Previously in order to run Linux containers on a Mac, you needed to install
VirtualBox and have an embedded Linux virtual machine that would run the
Docker containers from the Mac CLI. There would be a network endpoint on your
Mac that pointed at the Linux VM, and the two worlds are quite separate.

Docker for Mac is a native MacOS X application that embeds a hypervisor (based
on xhyve), a Linux distribution and filesystem and network sharing that is
much more Mac native. You just drag-and-drop the Mac application to
/Applications, run it, and the Docker CLI just works. The filesystem sharing
maps OSX volumes seamlessly into the Linux container and remaps MacOS X UIDs
into Linux ones (no more permissions problems), and the networking publishes
ports to either `docker.local` or `localhost` depending on the configuration.

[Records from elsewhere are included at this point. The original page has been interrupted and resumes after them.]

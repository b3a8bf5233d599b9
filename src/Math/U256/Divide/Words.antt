-- ===== src/Math/U256/Divide/Words.antt =====
-- The digit for a divisor of two, three and four words.
use elysium_dex.Base.{ℕ, ◌+◌, ◌*◌, ◌^◌, ◌≤◌, ◌<◌, ◌≡◌, arith, some}
use elysium_dex.Base.Words.{u64_mod}
use elysium_dex.Math.U256.Divide.Estimate.{Tops, Within}
use elysium_dex.Math.U256.Divide.Rows.{
  two_words, three_words, four_words, subtract_2, subtract_3, subtract_4, restore_2, restore_3,
  restore_4, subtract_2-Subtracts, subtract_3-Subtracts, subtract_4-Subtracts, restore_2-Restores,
  restore_3-Restores, restore_4-Restores,
}
use elysium_dex.Math.U256.Divide.Digit.{Corrected}
use elysium_dex.Math.U256.Divide.Core.{found_estimate, step-Corrected}

abbrev pub tops : (d1 d2 x2 x1 x0 : ℕ) → Tops
tops d1 d2 x2 x1 x0 = record { d1 = d1; d2 = d2; x2 = x2; x1 = x1; x0 = x0 }

abbrev pub Words2 : ℕ × ℕ → Type 0
Words2 (a, b) = (a < u64_mod) × (b < u64_mod)

abbrev pub Words3 : ℕ × ℕ × ℕ → Type 0
Words3 (a, b, c) = (a < u64_mod) × (b < u64_mod) × (c < u64_mod)

abbrev pub Words4 : ℕ × ℕ × ℕ × ℕ → Type 0
Words4 (a, b, c, d) = (a < u64_mod) × (b < u64_mod) × (c < u64_mod) × (d < u64_mod)

-- What an estimate `q` leads to.
abbrev pub Digit2 : (x0 x1 x2 y0 y1 q : ℕ) → Type 0
Digit2 x0 x1 x2 y0 y1 q =
    let s = subtract_2 q x0 x1 y0 y1 in
    let a = restore_2 s.0 s.1 y0 y1 in
    Corrected (two_words x0 x1 + 2 ^ 128 * x2) (two_words y0 y1) x2 q (two_words s.0 s.1) s.2
      (two_words a.0 a.1) a.2
    × Words2 (s.0, s.1)
    × Words2 (a.0, a.1)

pub corrected_2 :
    (x0 x1 x2 y0 y1 : ℕ)
    → Words2 (x0, x1)
    → Words2 (y0, y1)
    → 2 ^ 63 ≤ y1
    → two_words x0 x1 + 2 ^ 128 * x2 < u64_mod * (two_words y0 y1)
    → (q : ℕ) × (found_estimate (tops y1 y0 x2 x1 x0) ≡ some q)
      × (q < u64_mod)
      × Within (tops y1 y0 x2 x1 x0) q
      × Digit2 x0 x1 x2 y0 y1 q
corrected_2 x0 x1 x2 y0 y1 (h0, h1) (g0, g1) top small =
    let subtracts =
      λ (q : ℕ) (hq : q < u64_mod). subtract_2-Subtracts q x0 x1 y0 y1 hq h0 h1 g0 g1 in
    let restores = λ (q : ℕ) (hq : q < u64_mod).
      restore_2-Restores (subtract_2 q x0 x1 y0 y1).0 (subtract_2 q x0 x1 y0 y1).1 y0 y1
        (subtracts q hq).1 (subtracts q hq).2 g0 g1 in
    let (q, found, hq, within, corrected) =
      step-Corrected (tops y1 y0 x2 x1 x0) 1 0 0 (two_words y0 y1) (2 ^ 128) (two_words x0 x1)
        (λ q. two_words (subtract_2 q x0 x1 y0 y1).0 (subtract_2 q x0 x1 y0 y1).1)
        (λ q. (subtract_2 q x0 x1 y0 y1).2)
        (λ q.
          two_words (restore_2 (subtract_2 q x0 x1 y0 y1).0 (subtract_2 q x0 x1 y0 y1).1 y0 y1).0
            (restore_2 (subtract_2 q x0 x1 y0 y1).0 (subtract_2 q x0 x1 y0 y1).1 y0 y1).1)
        (λ q. (restore_2 (subtract_2 q x0 x1 y0 y1).0 (subtract_2 q x0 x1 y0 y1).1 y0 y1).2)
        (top, g1, g0, omega arith, h1, h0) (omega arith) (omega arith) (omega arith) (omega arith)
        (omega arith) (omega arith) small (λ q hq. (subtracts q hq).0)
        (λ q hq. (restores q hq).0) in
    (
      q,
      found,
      hq,
      within,
      (corrected, ((subtracts q hq).1, (subtracts q hq).2), ((restores q hq).1, (restores q hq).2)),
    )

-- What an estimate `q` leads to.
abbrev pub Digit3 : (x0 x1 x2 x3 y0 y1 y2 q : ℕ) → Type 0
Digit3 x0 x1 x2 x3 y0 y1 y2 q =
    let s = subtract_3 q x0 x1 x2 y0 y1 y2 in
    let a = restore_3 s.0 s.1 s.2 y0 y1 y2 in
    Corrected (three_words x0 x1 x2 + 2 ^ 192 * x3) (three_words y0 y1 y2) x3 q
      (three_words s.0 s.1 s.2) s.3 (three_words a.0 a.1 a.2) a.3
    × Words3 (s.0, s.1, s.2)
    × Words3 (a.0, a.1, a.2)

pub corrected_3 :
    (x0 x1 x2 x3 y0 y1 y2 : ℕ)
    → Words3 (x0, x1, x2)
    → Words3 (y0, y1, y2)
    → 2 ^ 63 ≤ y2
    → three_words x0 x1 x2 + 2 ^ 192 * x3 < u64_mod * (three_words y0 y1 y2)
    → (q : ℕ) × (found_estimate (tops y2 y1 x3 x2 x1) ≡ some q)
      × (q < u64_mod)
      × Within (tops y2 y1 x3 x2 x1) q
      × Digit3 x0 x1 x2 x3 y0 y1 y2 q
corrected_3 x0 x1 x2 x3 y0 y1 y2 (h0, h1, h2) (g0, g1, g2) top small =
    let subtracts =
      λ (q : ℕ) (hq : q < u64_mod). subtract_3-Subtracts q x0 x1 x2 y0 y1 y2 hq h0 h1 h2 g0 g1 g2 in
    let restores = λ (q : ℕ) (hq : q < u64_mod).
      restore_3-Restores (subtract_3 q x0 x1 x2 y0 y1 y2).0 (subtract_3 q x0 x1 x2 y0 y1 y2).1
        (subtract_3 q x0 x1 x2 y0 y1 y2).2 y0 y1 y2 (subtracts q hq).1 (subtracts q hq).2
        (subtracts q hq).3 g0 g1 g2 in
    let (q, found, hq, within, corrected) =
      step-Corrected (tops y2 y1 x3 x2 x1) u64_mod y0 x0 (three_words y0 y1 y2) (2 ^ 192)
        (three_words x0 x1 x2)
        (λ q.
          three_words (subtract_3 q x0 x1 x2 y0 y1 y2).0 (subtract_3 q x0 x1 x2 y0 y1 y2).1
            (subtract_3 q x0 x1 x2 y0 y1 y2).2)
        (λ q. (subtract_3 q x0 x1 x2 y0 y1 y2).3)
        (λ q.
          three_words
            (restore_3 (subtract_3 q x0 x1 x2 y0 y1 y2).0 (subtract_3 q x0 x1 x2 y0 y1 y2).1
              (subtract_3 q x0 x1 x2 y0 y1 y2).2 y0 y1 y2).0
            (restore_3 (subtract_3 q x0 x1 x2 y0 y1 y2).0 (subtract_3 q x0 x1 x2 y0 y1 y2).1
              (subtract_3 q x0 x1 x2 y0 y1 y2).2 y0 y1 y2).1
            (restore_3 (subtract_3 q x0 x1 x2 y0 y1 y2).0 (subtract_3 q x0 x1 x2 y0 y1 y2).1
              (subtract_3 q x0 x1 x2 y0 y1 y2).2 y0 y1 y2).2)
        (λ q.
          (restore_3 (subtract_3 q x0 x1 x2 y0 y1 y2).0 (subtract_3 q x0 x1 x2 y0 y1 y2).1
            (subtract_3 q x0 x1 x2 y0 y1 y2).2 y0 y1 y2).3)
        (top, g2, g1, omega arith, h2, h1) (omega arith) (omega arith) (omega arith) (omega arith)
        (omega arith) (omega arith) small (λ q hq. (subtracts q hq).0)
        (λ q hq. (restores q hq).0) in
    (
      q,
      found,
      hq,
      within,
      (
        corrected,
        ((subtracts q hq).1, (subtracts q hq).2, (subtracts q hq).3),
        ((restores q hq).1, (restores q hq).2, (restores q hq).3),
      ),
    )

-- What an estimate `q` leads to.
abbrev pub Digit4 : (x0 x1 x2 x3 x4 y0 y1 y2 y3 q : ℕ) → Type 0
Digit4 x0 x1 x2 x3 x4 y0 y1 y2 y3 q =
    let s = subtract_4 q x0 x1 x2 x3 y0 y1 y2 y3 in
    let a = restore_4 s.0 s.1 s.2 s.3 y0 y1 y2 y3 in
    Corrected (four_words x0 x1 x2 x3 + 2 ^ 256 * x4) (four_words y0 y1 y2 y3) x4 q
      (four_words s.0 s.1 s.2 s.3) s.4 (four_words a.0 a.1 a.2 a.3) a.4
    × Words4 (s.0, s.1, s.2, s.3)
    × Words4 (a.0, a.1, a.2, a.3)

pub corrected_4 :
    (x0 x1 x2 x3 x4 y0 y1 y2 y3 : ℕ)
    → Words4 (x0, x1, x2, x3)
    → Words4 (y0, y1, y2, y3)
    → 2 ^ 63 ≤ y3
    → four_words x0 x1 x2 x3 + 2 ^ 256 * x4 < u64_mod * (four_words y0 y1 y2 y3)
    → (q : ℕ) × (found_estimate (tops y3 y2 x4 x3 x2) ≡ some q)
      × (q < u64_mod)
      × Within (tops y3 y2 x4 x3 x2) q
      × Digit4 x0 x1 x2 x3 x4 y0 y1 y2 y3 q
corrected_4 x0 x1 x2 x3 x4 y0 y1 y2 y3 (h0, h1, h2, h3) (g0, g1, g2, g3) top small =
    let subtracts = λ (q : ℕ) (hq : q < u64_mod).
      subtract_4-Subtracts q x0 x1 x2 x3 y0 y1 y2 y3 hq h0 h1 h2 h3 g0 g1 g2 g3 in
    let restores = λ (q : ℕ) (hq : q < u64_mod).
      restore_4-Restores (subtract_4 q x0 x1 x2 x3 y0 y1 y2 y3).0
        (subtract_4 q x0 x1 x2 x3 y0 y1 y2 y3).1 (subtract_4 q x0 x1 x2 x3 y0 y1 y2 y3).2
        (subtract_4 q x0 x1 x2 x3 y0 y1 y2 y3).3 y0 y1 y2 y3 (subtracts q hq).1 (subtracts q hq).2
        (subtracts q hq).3 (subtracts q hq).4 g0 g1 g2 g3 in
    let (q, found, hq, within, corrected) =
      step-Corrected (tops y3 y2 x4 x3 x2) (2 ^ 128) (two_words y0 y1) (two_words x0 x1)
        (four_words y0 y1 y2 y3) (2 ^ 256) (four_words x0 x1 x2 x3)
        (λ q.
          four_words (subtract_4 q x0 x1 x2 x3 y0 y1 y2 y3).0
            (subtract_4 q x0 x1 x2 x3 y0 y1 y2 y3).1 (subtract_4 q x0 x1 x2 x3 y0 y1 y2 y3).2
            (subtract_4 q x0 x1 x2 x3 y0 y1 y2 y3).3)
        (λ q. (subtract_4 q x0 x1 x2 x3 y0 y1 y2 y3).4)
        (λ q.
          four_words
            (restore_4 (subtract_4 q x0 x1 x2 x3 y0 y1 y2 y3).0
              (subtract_4 q x0 x1 x2 x3 y0 y1 y2 y3).1 (subtract_4 q x0 x1 x2 x3 y0 y1 y2 y3).2
              (subtract_4 q x0 x1 x2 x3 y0 y1 y2 y3).3 y0 y1 y2 y3).0
            (restore_4 (subtract_4 q x0 x1 x2 x3 y0 y1 y2 y3).0
              (subtract_4 q x0 x1 x2 x3 y0 y1 y2 y3).1 (subtract_4 q x0 x1 x2 x3 y0 y1 y2 y3).2
              (subtract_4 q x0 x1 x2 x3 y0 y1 y2 y3).3 y0 y1 y2 y3).1
            (restore_4 (subtract_4 q x0 x1 x2 x3 y0 y1 y2 y3).0
              (subtract_4 q x0 x1 x2 x3 y0 y1 y2 y3).1 (subtract_4 q x0 x1 x2 x3 y0 y1 y2 y3).2
              (subtract_4 q x0 x1 x2 x3 y0 y1 y2 y3).3 y0 y1 y2 y3).2
            (restore_4 (subtract_4 q x0 x1 x2 x3 y0 y1 y2 y3).0
              (subtract_4 q x0 x1 x2 x3 y0 y1 y2 y3).1 (subtract_4 q x0 x1 x2 x3 y0 y1 y2 y3).2
              (subtract_4 q x0 x1 x2 x3 y0 y1 y2 y3).3 y0 y1 y2 y3).3)
        (λ q.
          (restore_4 (subtract_4 q x0 x1 x2 x3 y0 y1 y2 y3).0
            (subtract_4 q x0 x1 x2 x3 y0 y1 y2 y3).1 (subtract_4 q x0 x1 x2 x3 y0 y1 y2 y3).2
            (subtract_4 q x0 x1 x2 x3 y0 y1 y2 y3).3 y0 y1 y2 y3).4)
        (top, g3, g2, omega arith, h3, h2) (omega arith) (omega arith) (omega arith) (omega arith)
        (omega arith) (omega arith) small (λ q hq. (subtracts q hq).0)
        (λ q hq. (restores q hq).0) in
    (
      q,
      found,
      hq,
      within,
      (
        corrected,
        ((subtracts q hq).1, (subtracts q hq).2, (subtracts q hq).3, (subtracts q hq).4),
        ((restores q hq).1, (restores q hq).2, (restores q hq).3, (restores q hq).4),
      ),
    )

A lot of this only became possible in recent versions of OSX thanks to the
Hypervisor.framework that has been bundled, and the hard work of mist64 who
released xhyve (in turn based on bhyve in FreeBSD) that uses it. Most of the
processes do not need root access and run as the user. We've also used some
unikernel libaries from MirageOS to provide the filesystem and networking
"semantic translation" layers between OSX and Linux. Inside the application is
also the latest greatest Docker engine, and autoupdates to make it easy to
keep uptodate.

Although the app only runs Linux containers at present, the Docker engine is
gaining support for non-Linux containers, so expect to see updates in this
space. This first beta release aims to make the use of Linux containers as
happy as possible on Windows and MacOS X, so please reports any bugs or
feedback to us so we can sort that out first though :)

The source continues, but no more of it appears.